Submission to the Disability Royal Commission on Emergency Planning and Disaster Preparedness
This is a joint submission from the Centre for Disability Research and Policy and Centre of Research Excellence Disability and Health to the Issues Paper: Emergency Planning and Response, to the Disability Royal Commission on 17 July 2020.
The emergency situation in Australia during the 2019-2020 bushfire season and the ongoing COVID-19 pandemic together have brought into sharp relief Australia’s lack of preparedness for severe to catastrophic emergencies affecting the nation.
While this impacts all Australians, the impact is evidentially higher on people with disability.
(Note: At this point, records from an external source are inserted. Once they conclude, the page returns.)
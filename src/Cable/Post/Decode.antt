-- ===== src/Cable/Post/Decode.antt =====
-- `FromBytes` for `Post`.
pub mod Valid
pub mod RoundTrip
pub mod Sound
pub mod AnyInput
use cable_rs.Base.{
  none, some, ℕ, zero, suc, ◌+◌, List, [], ◌∷◌, length, nat_beq, ltb, if◌then◌else◌,
}
use cable_rs.Base.Equality.{list_beq}
use cable_rs.Cable.Constants
use cable_rs.Cable.Error
use cable_rs.Cable.Error.{Outcome, ok, err, stuck, raise, message_empty, varint_src_insufficient}
use cable_rs.Cable.Fields.{get_sized, get_counted_hashes}
use cable_rs.Cable.Post.{PostBody, Post, text, delete, info, topic, join, leave, unrecognized}
use cable_rs.Cable.Reader.{
  Reader, Cursor, pure, lift, get_varint, get_slice, get_string, ◌>>=◌, ◌>>◌,
}
use cable_rs.Cable.Types.{Channel, UserInfo}
use cable_rs.Cable.Validation.{validate_channel, validate_text, validate_topic, user_name, name_key}
use cable_rs.Cable.Desert.{Desert}

-- `UserInfo::name` for the key "name", which checks the value, and `UserInfo::new` for any other.
unfoldable pub key_val : List ℕ → List ℕ → Outcome UserInfo
unfolding list_beq user_name
key_val key val =
    if list_beq key name_key then user_name val else ok (record { key = key; val = val })

module _ (v : Desert) where
  -- A channel name, with its validation.
  unfoldable pub get_channel_name : Reader Channel
  get_channel_name = do c ← get_sized v; lift (validate_channel c); pure c

  unfoldable pub read_text : Reader PostBody
  read_text = do c ← get_channel_name; t ← get_sized v; lift (validate_text t); pure (text c t)

  unfoldable pub read_delete : Reader PostBody
  read_delete = do hashes ← get_counted_hashes v; pure (delete hashes)

  -- One pair, its key length read already.
  unfoldable pub read_pair : ℕ → Reader UserInfo
  read_pair key_len = do key ← get_string key_len; val ← get_sized v; lift (key_val key val)

  -- The loop over the key-value pairs, which ends at a key of length 0.
  unfoldable pub read_infos : ℕ → Reader (List UserInfo)
  read_infos zero = λ _. stuck
  read_infos (suc fuel) = do
    key_len ← get_varint v
    if nat_beq key_len 0
        then pure []
        else do u ← read_pair key_len; rest ← read_infos fuel; pure (u ∷ rest)

  -- Each round of the loop reads a byte at least.
  unfoldable pub read_info : Reader PostBody
  read_info c = ◌>>=◌ (read_infos (suc (length c.rest))) (λ i. pure (info i)) c

  unfoldable pub read_topic : Reader PostBody
  read_topic = do c ← get_channel_name; t ← get_sized v; lift (validate_topic t); pure (topic c t)

  unfoldable pub read_join : Reader PostBody
  read_join = do c ← get_channel_name; pure (join c)

  unfoldable pub read_leave : Reader PostBody
  read_leave = do c ← get_channel_name; pure (leave c)

  unfoldable pub read_body : ℕ → Reader PostBody
  read_body post_type =
      if nat_beq post_type Constants.text_post
      then read_text
      else if nat_beq post_type Constants.delete_post
      then read_delete
      else if nat_beq post_type Constants.info_post
      then read_info
      else if nat_beq post_type Constants.topic_post
      then read_topic
      else if nat_beq post_type Constants.join_post
      then read_join
      else if nat_beq post_type Constants.leave_post
      then read_leave
      else pure (unrecognized post_type)

  unfoldable pub read_post : Reader Post
  read_post = do
    public_key ← get_slice 32
    signature ← get_slice 64
    links ← get_counted_hashes v
    post_type ← get_varint v
    timestamp ← get_varint v
    body ← read_body post_type
    pure (record {
      header = record {
        public_key = public_key;
        signature = signature;
        links = links;
        post_type = post_type;
        timestamp = timestamp;
      };
      body = body;
    })

  -- The number of bytes read, and the post.
  unfoldable pub from_bytes : List ℕ → Outcome (ℕ × Post)
  from_bytes buf =
      Error.◌>>=◌ (read_post (record { offset = 0; rest = buf })) (λ r. ok (r.1.offset, r.0))

  unfoldable pub count_from_bytes : List ℕ → Outcome ℕ
  count_from_bytes [] = raise message_empty
  count_from_bytes (b ∷ bs) = elim (v.decode (b ∷ bs)) [
    | none ↦ err varint_src_insufficient
    | some (sum, post_len) ↦ ok (sum + post_len)
  ]
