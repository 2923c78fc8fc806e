-- ===== src/Cable/Post/Encode.antt =====
-- `ToBytes` and `CountBytes` for `Post`.
pub mod Bytes
pub mod Written
use cable_rs.Base.{ℕ, ◌+◌, ◌*◌, List, [], ◌++◌, length, replicate}
use cable_rs.Cable.Error.{Outcome, ok, raise, post_write_unrecognized_type, ◌>>=◌}
use cable_rs.Cable.Fields.{put_sized, put_hashes}
use cable_rs.Cable.Post.{
  PostBody, Post, text, delete, info, topic, join, leave, unrecognized, body_type,
}
use cable_rs.Cable.Types.{UserInfo}
use cable_rs.Cable.Desert.{Desert}
use cable_rs.Cable.Writer.{Writer, ◌>>◌, put_slice, put_varint, put_each}
use mathlib.Core.List.{foldl}

module _ (v : Desert) where
  unfoldable pub put_info : UserInfo → Writer
  put_info u = put_sized v u.key >> put_sized v u.val

  unfoldable pub write_body : PostBody → Writer
  write_body (text c t) = put_sized v c >> put_sized v t
  write_body (delete hashes) = put_hashes v hashes
  write_body (info i) = put_each put_info i >> put_varint v 0
  write_body (topic c t) = put_sized v c >> put_sized v t
  write_body (join c) = put_sized v c
  write_body (leave c) = put_sized v c
  write_body (unrecognized post_type) = λ _. raise (post_write_unrecognized_type post_type)

  -- The header, with the type of the body, and the body.
  unfoldable pub write_post : Post → Writer
  write_post p =
      put_slice p.header.public_key
      >> put_slice p.header.signature
      >> put_hashes v p.header.links
      >> put_varint v (body_type p.body)
      >> put_varint v p.header.timestamp
      >> write_body p.body

  -- The result is the final offset; the buffer is written in place.
  unfoldable pub write_bytes : Post → List ℕ → Outcome (ℕ × List ℕ)
  write_bytes p buf = do
    b ← write_post p (record { written = []; rest = buf })
    ok (length b.written, b.written ++ b.rest)

  unfoldable pub body_size : PostBody → ℕ
  body_size (text c t) = v.size (length c) + length c + v.size (length t) + length t
  body_size (delete hashes) = v.size (length hashes) + length hashes * 32
  body_size (info i) =
      foldl
        (λ sum u. sum + v.size (length u.key) + length u.key + v.size (length u.val) + length u.val)
        0 i
      + v.size 0
  body_size (topic c t) = v.size (length c) + length c + v.size (length t) + length t
  body_size (join c) = v.size (length c) + length c
  body_size (leave c) = v.size (length c) + length c
  body_size (unrecognized _) = 0

  unfoldable pub count_bytes : Post → ℕ
  count_bytes p =
      32
      + 64
      + v.size (length p.header.links)
      + length p.header.links * 32
      + v.size (body_type p.body)
      + v.size p.header.timestamp
      + body_size p.body

  unfoldable pub to_bytes : Post → Outcome (List ℕ)
  to_bytes p = do r ← write_bytes p (replicate (count_bytes p) 0); ok r.1
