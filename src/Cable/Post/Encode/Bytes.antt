-- ===== src/Cable/Post/Encode/Bytes.antt =====
-- The bytes of a post in plain list terms, and that `count_bytes` counts them.
use cable_rs.Base.{ℕ, ◌+◌, ◌≡◌, List, [], ◌∷◌, ◌++◌, length, length-append, All, arith}
use cable_rs.Cable.Fields.{
  sized_bytes, hashes_bytes, HashesFit, length-sized_bytes, length-hashes_bytes,
}
use cable_rs.Cable.Post.{
  PostBody, Post, text, delete, info, topic, join, leave, unrecognized, body_type,
}
use cable_rs.Cable.Post.Encode.{body_size, count_bytes}
use cable_rs.Cable.Types.{UserInfo}
use cable_rs.Cable.Desert.{Desert, DesertLaws, Fits}
use mathlib.Core.List.{flat_map, foldl}

-- What fits an encoding: every number and every length that is written as a varint.
abbrev pub InfoFits : UserInfo → Type 0
InfoFits u = Fits (length u.key) × Fits (length u.val)

abbrev pub BodyFits : PostBody → Type 0
BodyFits (text c t) = Fits (length c) × Fits (length t)
BodyFits (delete hashes) = HashesFit hashes
BodyFits (info i) = All InfoFits i
BodyFits (topic c t) = Fits (length c) × Fits (length t)
BodyFits (join c) = Fits (length c)
BodyFits (leave c) = Fits (length c)
BodyFits (unrecognized _) = ⊥

-- A recognized post whose arrays have their Rust lengths and whose varints fit.
pub record IsWritable (p : Post) : Type 0 where
  pub public_key : length p.header.public_key ≡ 32
  pub signature : length p.header.signature ≡ 64
  pub links : HashesFit p.header.links
  pub timestamp : Fits p.header.timestamp
  pub body : BodyFits p.body

pub BodyFits-type : (b : PostBody) → BodyFits b → Fits (body_type b)
BodyFits-type (text c t) h = omega arith
BodyFits-type (delete hashes) h = omega arith
BodyFits-type (info i) h = omega arith
BodyFits-type (topic c t) h = omega arith
BodyFits-type (join c) h = omega arith
BodyFits-type (leave c) h = omega arith
BodyFits-type (unrecognized _) h = absurd h

module _ (v : Desert) where
  abbrev pub info_bytes : UserInfo → List ℕ
  info_bytes u = sized_bytes v u.key ++ sized_bytes v u.val

  abbrev pub body_bytes : PostBody → List ℕ
  body_bytes (text c t) = sized_bytes v c ++ sized_bytes v t
  body_bytes (delete hashes) = hashes_bytes v hashes
  body_bytes (info i) = flat_map info_bytes i ++ v.encode 0
  body_bytes (topic c t) = sized_bytes v c ++ sized_bytes v t
  body_bytes (join c) = sized_bytes v c
  body_bytes (leave c) = sized_bytes v c
  body_bytes (unrecognized _) = []

  -- What follows the public key and the signature: the part that is signed.
  abbrev pub signed_bytes : Post → List ℕ
  signed_bytes p =
      hashes_bytes v p.header.links
      ++ (v.encode (body_type p.body) ++ (v.encode p.header.timestamp ++ body_bytes p.body))

  abbrev pub post_bytes : Post → List ℕ
  post_bytes p = p.header.public_key ++ (p.header.signature ++ signed_bytes p)

module _ (v : Desert) (laws : DesertLaws v) where
  length-info_bytes :
      (u : UserInfo)
      → InfoFits u
      → length (info_bytes v u)
        ≡ v.size (length u.key) + length u.key + v.size (length u.val) + length u.val
  length-info_bytes u h = omega (
    arith,
    length-append (sized_bytes v u.key) (sized_bytes v u.val),
    length-sized_bytes v laws u.key h.0,
    length-sized_bytes v laws u.val h.1,
  )

  -- The running sum of `count_bytes` against the bytes of the pairs.
  length-infos :
      (i : List UserInfo) (sum : ℕ)
      → All InfoFits i
      → foldl
          (λ sum u.
            sum + v.size (length u.key) + length u.key + v.size (length u.val) + length u.val)
          sum
          i
        ≡ sum + length (flat_map (info_bytes v) i)
  unfolding flat_map
  length-infos [] sum h = omega arith
  length-infos (u ∷ i) sum h = omega (
    arith,
    length-infos i _ h.1,
    length-append (info_bytes v u) (flat_map (info_bytes v) i),
    length-info_bytes u h.0,
  )

  length-pair :
      (c t : List ℕ)
      → Fits (length c)
      → Fits (length t)
      → length (sized_bytes v c ++ sized_bytes v t)
        ≡ v.size (length c) + length c + v.size (length t) + length t
  length-pair c t hc ht = length-info_bytes (record { key = c; val = t }) (hc, ht)

  length-body_bytes : (b : PostBody) → BodyFits b → length (body_bytes v b) ≡ body_size v b
  unfolding body_size
  length-body_bytes (text c t) h = length-pair c t h.0 h.1
  length-body_bytes (delete hashes) h = length-hashes_bytes v laws hashes h
  length-body_bytes (info i) h = omega (
    arith,
    length-append (flat_map (info_bytes v) i) (v.encode 0),
    length-infos i 0 h,
    laws.length-encode 0 (omega arith),
  )
  length-body_bytes (topic c t) h = length-pair c t h.0 h.1
  length-body_bytes (join c) h = length-sized_bytes v laws c h
  length-body_bytes (leave c) h = length-sized_bytes v laws c h
  length-body_bytes (unrecognized _) h = absurd h

  pub length-post_bytes : (p : Post) → IsWritable p → length (post_bytes v p) ≡ count_bytes v p
  unfolding count_bytes
  length-post_bytes p h =
      let hd = p.header in
      let links = hashes_bytes v hd.links in
      let ty = v.encode (body_type p.body) in
      let ts = v.encode hd.timestamp in
      let body = body_bytes v p.body in
      omega (
        arith,
        h.public_key,
        h.signature,
        length-append hd.public_key (hd.signature ++ signed_bytes v p),
        length-append hd.signature (signed_bytes v p),
        length-append links (ty ++ (ts ++ body)),
        length-append ty (ts ++ body),
        length-append ts body,
        length-hashes_bytes v laws hd.links h.links,
        laws.length-encode (body_type p.body) (BodyFits-type p.body h.body),
        laws.length-encode hd.timestamp h.timestamp,
        length-body_bytes p.body h.body,
      )
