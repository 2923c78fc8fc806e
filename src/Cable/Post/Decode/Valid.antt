-- ===== src/Cable/Post/Decode/Valid.antt =====
-- The limits that the code sets on a post, stated apart from the functions that check them.
use cable_rs.Base.{ℕ, ◌≤◌, ◌<◌, ◌≡◌, true, List, length, All, arith, Bool-cases, inl, inr, sym, ◌∙◌}
use cable_rs.Base.Equality.{list_beq, list_beq_iff}
use cable_rs.Cable.Error.{ok}
use cable_rs.Cable.Post.{
  PostBody, Post, text, delete, info, topic, join, leave, unrecognized, body_type,
}
use cable_rs.Cable.Post.Encode.Bytes.{IsWritable}
use cable_rs.Cable.Post.Decode.{key_val}
use cable_rs.Cable.Types.{UserInfo}
use cable_rs.Cable.Utf8.{valid_utf8, chars_count}
use cable_rs.Cable.Validation.{validate_channel, validate_text, validate_topic, user_name, name_key}

-- The limits that the code puts on the strings of a post. For a topic these are 521 code points,
-- where the comments and the error text of `validate_topic` say 512.
abbrev pub IsChannel : List ℕ → Type 0
IsChannel c = (valid_utf8 c ≡ true) × (1 ≤ chars_count c) × (chars_count c ≤ 64)

abbrev pub IsText : List ℕ → Type 0
IsText t = (valid_utf8 t ≡ true) × (length t ≤ 4096)

abbrev pub IsTopic : List ℕ → Type 0
IsTopic t = (valid_utf8 t ≡ true) × (chars_count t ≤ 521)

abbrev pub IsInfo : UserInfo → Type 0
IsInfo u =
    (0 < length u.key)
    × (valid_utf8 u.key ≡ true)
    × (valid_utf8 u.val ≡ true)
    × (u.key ≡ name_key → (1 ≤ chars_count u.val) × (chars_count u.val ≤ 32))

abbrev pub BodyValid : PostBody → Type 0
BodyValid (text c t) = IsChannel c × IsText t
BodyValid (delete hashes) = Unit
BodyValid (info i) = All IsInfo i
BodyValid (topic c t) = IsChannel c × IsTopic t
BodyValid (join c) = IsChannel c
BodyValid (leave c) = IsChannel c
BodyValid (unrecognized _) = ⊥

-- A post as the code accepts it: it fits its encoding, its header names the type of its body, and
-- its strings keep to the limits.
pub record IsPost (p : Post) : Type 0 where
  pub writable : IsWritable p
  pub post_type : p.header.post_type ≡ body_type p.body
  pub valid : BodyValid p.body

pub validate_channel-ok : (c : List ℕ) → IsChannel c → validate_channel c ≡ ok tt
unfolding validate_channel
validate_channel-ok c h = ground arith

pub validate_text-ok : (t : List ℕ) → IsText t → validate_text t ≡ ok tt
unfolding validate_text
validate_text-ok t h = ground arith

pub validate_topic-ok : (t : List ℕ) → IsTopic t → validate_topic t ≡ ok tt
unfolding validate_topic
validate_topic-ok t h = ground arith

user_name-ok :
    (val : List ℕ)
    → (1 ≤ chars_count val) × (chars_count val ≤ 32)
    → user_name val ≡ ok (record { key = name_key; val = val })
unfolding user_name
user_name-ok val h = ground arith

pub key_val-ok : (u : UserInfo) → IsInfo u → key_val u.key u.val ≡ ok u
unfolding key_val
key_val-ok u h = elim (Bool-cases (list_beq u.key name_key)) [
  | inl e ↦
      let named : u.key ≡ name_key = (list_beq_iff u.key name_key).0 e in
      rw e (user_name-ok u.val (h.3 named) ∙ λ i. ok (record { key = sym named i; val = u.val }))
  | inr e ↦ rw e
]
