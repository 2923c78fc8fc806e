-- ===== src/Cable/Post/Encode/Written.antt =====
-- What `Post::to_bytes` and `write_bytes` write.
use cable_rs.Base.{
  ℕ, ◌≤◌, ◌≡◌, sym, ap, ◌∙◌, List, [], ◌++◌, length, drop, replicate, length-replicate, drop_all,
  arith,
}
use cable_rs.Cable.Error.{Outcome, ok, ◌>>=◌}
use cable_rs.Cable.Fields.{Writes-put_sized, Writes-put_hashes}
use cable_rs.Cable.Post.{PostBody, Post, text, delete, info, topic, join, leave, unrecognized}
use cable_rs.Cable.Post.Encode.{
  put_info, write_post, write_body, write_bytes, count_bytes, to_bytes,
}
use cable_rs.Cable.Post.Encode.Bytes.{
  InfoFits, BodyFits, BodyFits-type, IsWritable, info_bytes, body_bytes, post_bytes,
  length-post_bytes,
}
use cable_rs.Cable.Types.{UserInfo}
use cable_rs.Cable.Desert.{Desert, DesertLaws}
use cable_rs.Cable.Writer.{
  Buffer, Writes, Writes-seq, Writes-put_slice, Writes-put_varint, Writes-put_each,
}
use mathlib.Core.List.{append-nil}

module _ (v : Desert) (laws : DesertLaws v) where
  Writes-put_info : (u : UserInfo) → InfoFits u → Writes (put_info v u) (info_bytes v u)
  unfolding put_info
  Writes-put_info u h =
      Writes-seq _ _ _ _ (Writes-put_sized v laws u.key h.0) (Writes-put_sized v laws u.val h.1)

  Writes-body : (b : PostBody) → BodyFits b → Writes (write_body v b) (body_bytes v b)
  unfolding write_body
  Writes-body (text c t) h =
      Writes-seq _ _ _ _ (Writes-put_sized v laws c h.0) (Writes-put_sized v laws t h.1)
  Writes-body (delete hashes) h = Writes-put_hashes v laws hashes h
  Writes-body (info i) h =
      Writes-seq _ _ _ _ (Writes-put_each _ _ InfoFits Writes-put_info i h)
        (Writes-put_varint v laws 0 (omega arith))
  Writes-body (topic c t) h =
      Writes-seq _ _ _ _ (Writes-put_sized v laws c h.0) (Writes-put_sized v laws t h.1)
  Writes-body (join c) h = Writes-put_sized v laws c h
  Writes-body (leave c) h = Writes-put_sized v laws c h
  Writes-body (unrecognized _) h = absurd h

  Writes-post : (p : Post) → IsWritable p → Writes (write_post v p) (post_bytes v p)
  unfolding write_post
  Writes-post p h = Writes-seq _ _ _ _ (Writes-put_slice p.header.public_key) (
      Writes-seq _ _ _ _ (Writes-put_slice p.header.signature) (
        Writes-seq _ _ _ _ (Writes-put_hashes v laws p.header.links h.links) (
          Writes-seq _ _ _ _ (Writes-put_varint v laws _ (BodyFits-type p.body h.body)) (
            Writes-seq _ _ _ _ (Writes-put_varint v laws _ h.timestamp)
              (Writes-body p.body h.body)))))

  -- Into a buffer with room for a writable post, write_bytes writes exactly its bytes and leaves
  -- what follows them.
  pub write_bytes_lem :
      (p : Post) (buf : List ℕ)
      → IsWritable p
      → count_bytes v p ≤ length buf
      → write_bytes v p buf ≡ ok (count_bytes v p, post_bytes v p ++ drop (count_bytes v p) buf)
  unfolding write_bytes
  write_bytes_lem p buf h room =
      let size : length (post_bytes v p) ≡ count_bytes v p = length-post_bytes v laws p h in
      ap (λ (m : Outcome Buffer). m >>= λ b. ok (length b.written, b.written ++ b.rest))
        ((Writes-post p h).run (record { written = []; rest = buf }) (omega (arith, size)))
      ∙ rw size

  -- `to_bytes` of a writable post is `post_bytes`, of `count_bytes` bytes.
  pub to_bytes_lem :
      (p : Post)
      → IsWritable p
      → (to_bytes v p ≡ ok (post_bytes v p)) × (length (post_bytes v p) ≡ count_bytes v p)
  unfolding to_bytes
  to_bytes_lem p h =
      let buf = replicate (count_bytes v p) 0 in
      let room : length buf ≡ count_bytes v p = length-replicate (count_bytes v p) 0 in
      (
        ap (λ (m : Outcome (ℕ × List ℕ)). m >>= λ r. ok r.1)
              (write_bytes_lem p buf h (omega (arith, room)))
            ∙ ap (λ (t : List ℕ). ok (post_bytes v p ++ t))
                (ap (λ (n : ℕ). drop n buf) (sym room) ∙ drop_all buf)
            ∙ ap ok (append-nil (post_bytes v p)),
        length-post_bytes v laws p h,
      )
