-- ===== src/Dispatch.antt =====
-- src/elke27_lib/dispatcher_loop.py: routes, kinds, correlation, paged transfers, handlers.
pub mod IntText
pub mod Json
pub mod Route
pub mod State
pub mod Paged
pub mod Run
pub mod Routing
pub mod Correlation
pub mod FanOut
pub mod RootEmpty
pub mod Blocks
pub mod Reassembly
pub mod Transfers
mod Tests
They are more likely to be vulnerable due to:
· social isolation from the broader population whether because of community attitudes or their need for communication, language, mobility, emotional or other supports;
· residing in closed or segregated settings, geographical remoteness (and consequent lack of access to available, affordable and accessible information, support and services);
· relying on particular services and supports for daily activities and care and for access to services and less likely to have the flexibility to adjust to disruptions or closure of the supports needed for everyday routines;
· age-related additional vulnerabilities for children and young people with disability relying on family and for older persons with disability who may no longer have family to whom they can turn for support;
· impairment-related vulnerabilities for example, people with intellectual disability or autism who rely on stable, consistent supports and routines which will be disrupted;
· in pandemics, inability to physically distance and multiple close contacts because of reliance on personal care for activities of daily living for some people with disability;
· in pandemics, particular health conditions that lead to specific vulnerabilities if the person becomes infected or ill (unrelated to the pandemic); and,
· in natural hazard disasters such as bushfires and floods, particular health conditions that lead to specific vulnerabilities in reaction to, for example, poor quality air and smoke hazards, or inability to access treatments that they rely on.
The situation is magnified for Aboriginal and Torres Strait Islander people with disability. Aboriginal people are over-represented in the national rates of chronic health and disease, with other disabilities coexisting with mental health problems at a higher rate than the rest of the population.
We now need a disability specific and disability responsive approach coordinated at a national level.